Salman Faisal mengatakan pelaksanaan Sidang Musda XV Kota Sukabumi yang ditunda mempunyai beberapa kelemahan. Pertama, Steering Comite (SC) yang tidak mempunyai keberanian untuk memutuskan kepesertaan atau bakal calon.
“Seharusnya SC tegas akan bakal calon satu atau dua, SC membuat berita acara akan tetapi tidak membuat keputusan. Kenapa sidang Musda kemarin tidak selesai, karena SC menyerahkan kepada pimpinan sidang,” jelasnya.

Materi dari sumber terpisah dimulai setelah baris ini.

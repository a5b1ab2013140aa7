-- ===== src/Http/Rules.antt =====
-- Rules for the effects of a handler: what a step keeps, and that it does not panic.
use editrig_go.Base.{ℕ, ◌≡◌, refl, ◌∙◌, Bool, true, false, String, if◌then◌else◌}
use editrig_go.Entity.{Hook}
use editrig_go.Http.{
  Response, Content, Step, go, answer, panic, World, Exec, continue, ◌>>=◌, pure, reply,
  reply_error, crash, call, with_cleanup,
}

-- Whatever the step does, `f` of the world is as before.
module _ {S X : Type 0} (f : World S → X) where
  pub record Keeps {A : Type 0} (m : Exec S A) : Type 0 where
    pub at : (w : World S) → f (m w).1 ≡ f w

module _ {S X : Type 0} {f : World S → X} where
  pub Keeps-pure : {A : Type 0} (a : A) → Keeps f (pure a)
  unfolding pure
  Keeps-pure a = record { at = λ w. refl }

  pub Keeps-reply :
      {A : Type 0} (status : ℕ) (content : Content) → Keeps f (reply {A = A} status content)
  unfolding reply
  Keeps-reply status content = record { at = λ w. refl }

  pub Keeps-reply_error :
      {A : Type 0} (status : ℕ) (text : String) → Keeps f (reply_error {A = A} status text)
  unfolding reply_error reply
  Keeps-reply_error status text = record { at = λ w. refl }

  pub Keeps-crash : {A : Type 0} → Keeps f (crash {A = A})
  unfolding crash
  Keeps-crash = record { at = λ w. refl }

  pub Keeps-if :
      {A : Type 0} (b : Bool) (m n : Exec S A)
      → Keeps f m
      → Keeps f n
      → Keeps f (if b then m else n)
  Keeps-if true m n km kn = km
  Keeps-if false m n km kn = kn

  continue-Keeps :
      {A B : Type 0} (r : Step A) (k : A → Exec S B) (w : World S)
      → ((a : A) → Keeps f (k a))
      → f (continue r k w).1 ≡ f w
  unfolding continue
  continue-Keeps (go a) k w h = (h a).at w
  continue-Keeps (answer r) k w h = refl
  continue-Keeps panic k w h = refl

  pub Keeps-bind :
      {A B : Type 0} (m : Exec S A) (k : A → Exec S B)
      → Keeps f m
      → ((a : A) → Keeps f (k a))
      → Keeps f (m >>= k)
  unfolding ◌>>=◌
  Keeps-bind m k km kk = record { at = λ w. continue-Keeps (m w).0 k (m w).1 kk ∙ km.at w }

pub Keeps-open_forms-call : {S A : Type 0} (hook : Hook S A) → Keeps (λ w. w.open_forms) (call hook)
unfolding call
Keeps-open_forms-call hook = record { at = λ w. refl }

-- A hook that only reads.
abbrev pub IsReading : {S A : Type 0} → Hook S A → Type 0
IsReading {S} hook = (s : S) → (hook s).1 ≡ s

pub Keeps-store-call :
    {S A : Type 0} (hook : Hook S A) → IsReading hook → Keeps (λ w. w.store) (call hook)
unfolding call
Keeps-store-call hook h = record { at = λ w. h w.store }

-- A step that does not panic, and goes on only with a value of which `P` holds.
abbrev StepOk : {A : Type 0} → (A → Type 0) → Step A → Type 0
StepOk P (go a) = P a
StepOk P (answer r) = Unit
StepOk P panic = ⊥

pub record Ensures {S A : Type 0} (P : A → Type 0) (m : Exec S A) : Type 0 where
  pub at : (w : World S) → StepOk P (m w).0

module _ {S : Type 0} where
  pub Ensures-pure : {A : Type 0} (P : A → Type 0) (a : A) → P a → Ensures {S = S} P (pure a)
  unfolding pure
  Ensures-pure P a h = record { at = λ w. h }

  pub Ensures-reply :
      {A : Type 0} (P : A → Type 0) (status : ℕ) (content : Content)
      → Ensures {S = S} P (reply status content)
  unfolding reply
  Ensures-reply P status content = record { at = λ w. tt }

  pub Ensures-reply_error :
      {A : Type 0} (P : A → Type 0) (status : ℕ) (text : String)
      → Ensures {S = S} P (reply_error status text)
  unfolding reply_error reply
  Ensures-reply_error P status text = record { at = λ w. tt }

  pub Ensures-call :
      {A : Type 0} (P : A → Type 0) (hook : Hook S A) → ((a : A) → P a) → Ensures P (call hook)
  unfolding call
  Ensures-call P hook h = record { at = λ w. h (hook w.store).0 }

  pub Ensures-if :
      {A : Type 0} (P : A → Type 0) (b : Bool) (m n : Exec S A)
      → Ensures P m
      → Ensures P n
      → Ensures P (if b then m else n)
  Ensures-if P true m n km kn = km
  Ensures-if P false m n km kn = kn

  continue-Ensures :
      {A B : Type 0} (P : A → Type 0) (Q : B → Type 0) (r : Step A) (k : A → Exec S B) (w : World S)
      → StepOk P r
      → ((a : A) → P a → Ensures Q (k a))
      → StepOk Q (continue r k w).0
  unfolding continue
  continue-Ensures P Q (go a) k w p h = (h a p).at w
  continue-Ensures P Q (answer r) k w p h = tt
  continue-Ensures P Q panic k w p h = p

  pub Ensures-bind :
      {A B : Type 0} (P : A → Type 0) (Q : B → Type 0) (m : Exec S A) (k : A → Exec S B)
      → Ensures P m
      → ((a : A) → P a → Ensures Q (k a))
      → Ensures Q (m >>= k)
  unfolding ◌>>=◌
  Ensures-bind P Q m k km kk = record {
    at = λ w. continue-Ensures P Q (m w).0 k (m w).1 (km.at w) kk;
  }

  pub Ensures-with_cleanup :
      {A : Type 0} (P : A → Type 0) (held : Bool) (m : Exec S A)
      → Ensures P m
      → Ensures P (with_cleanup held m)
  unfolding with_cleanup
  Ensures-with_cleanup P held m h = record { at = λ w. h.at w }

-- The step has answered.
answered : {A : Type 0} (r : Step A) → StepOk (λ a. ⊥) r → (resp : Response) × (r ≡ answer resp)
answered (go a) h = absurd h
answered (answer r) h = (r, refl)
answered panic h = absurd h

-- A step that cannot go on and does not panic has answered.
pub Ensures-answer :
    {S A : Type 0} (m : Exec S A)
    → Ensures (λ a. ⊥) m
    → (w : World S) → (resp : Response) × ((m w).0 ≡ answer resp)
Ensures-answer m h w = answered (m w).0 (h.at w)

“Pimpinan sidang itu hanya mengesahkan atau membuat ketetapan dari apa yang sudah di putuskan oleh SC. Makanya kita memberikan kesempatan untuk membuat keputusan dan setelah diberikan waktu tidak dilaksanakan juga. Karena dibatasi dengan waktu protokol Covid-19 maka dipending,” ucapnya.
DPD KNPI Provinsi Jawa Barat memberikan tenggat waktu agar SC Musda DPD KNPI Kota Sukabumi meluruskan masalah-masalah tersebut dengan tenggat waktu hingga akhir April. Jika rampung, sidang dapat kembali dilaksanakan.
“Sebetulnya kewenangan itu berada pada pimpinan sidang lantaran tidak ada Ketua hari ini dan sudah demisioner, makanya nanti pimpinan sidang yang akan mengundang,” katanya.
“Kami menghimbau agar kita semua colling down dulu, kembalikan kepada kedua belah pihak jangan saling suudzon satu sama lain toh ini demokrasi dan proses pada akhirnya nanti siapa yang layak memimpin DPD KNPI Kota Sukabumi inilah menjadi survive,” tandasnya.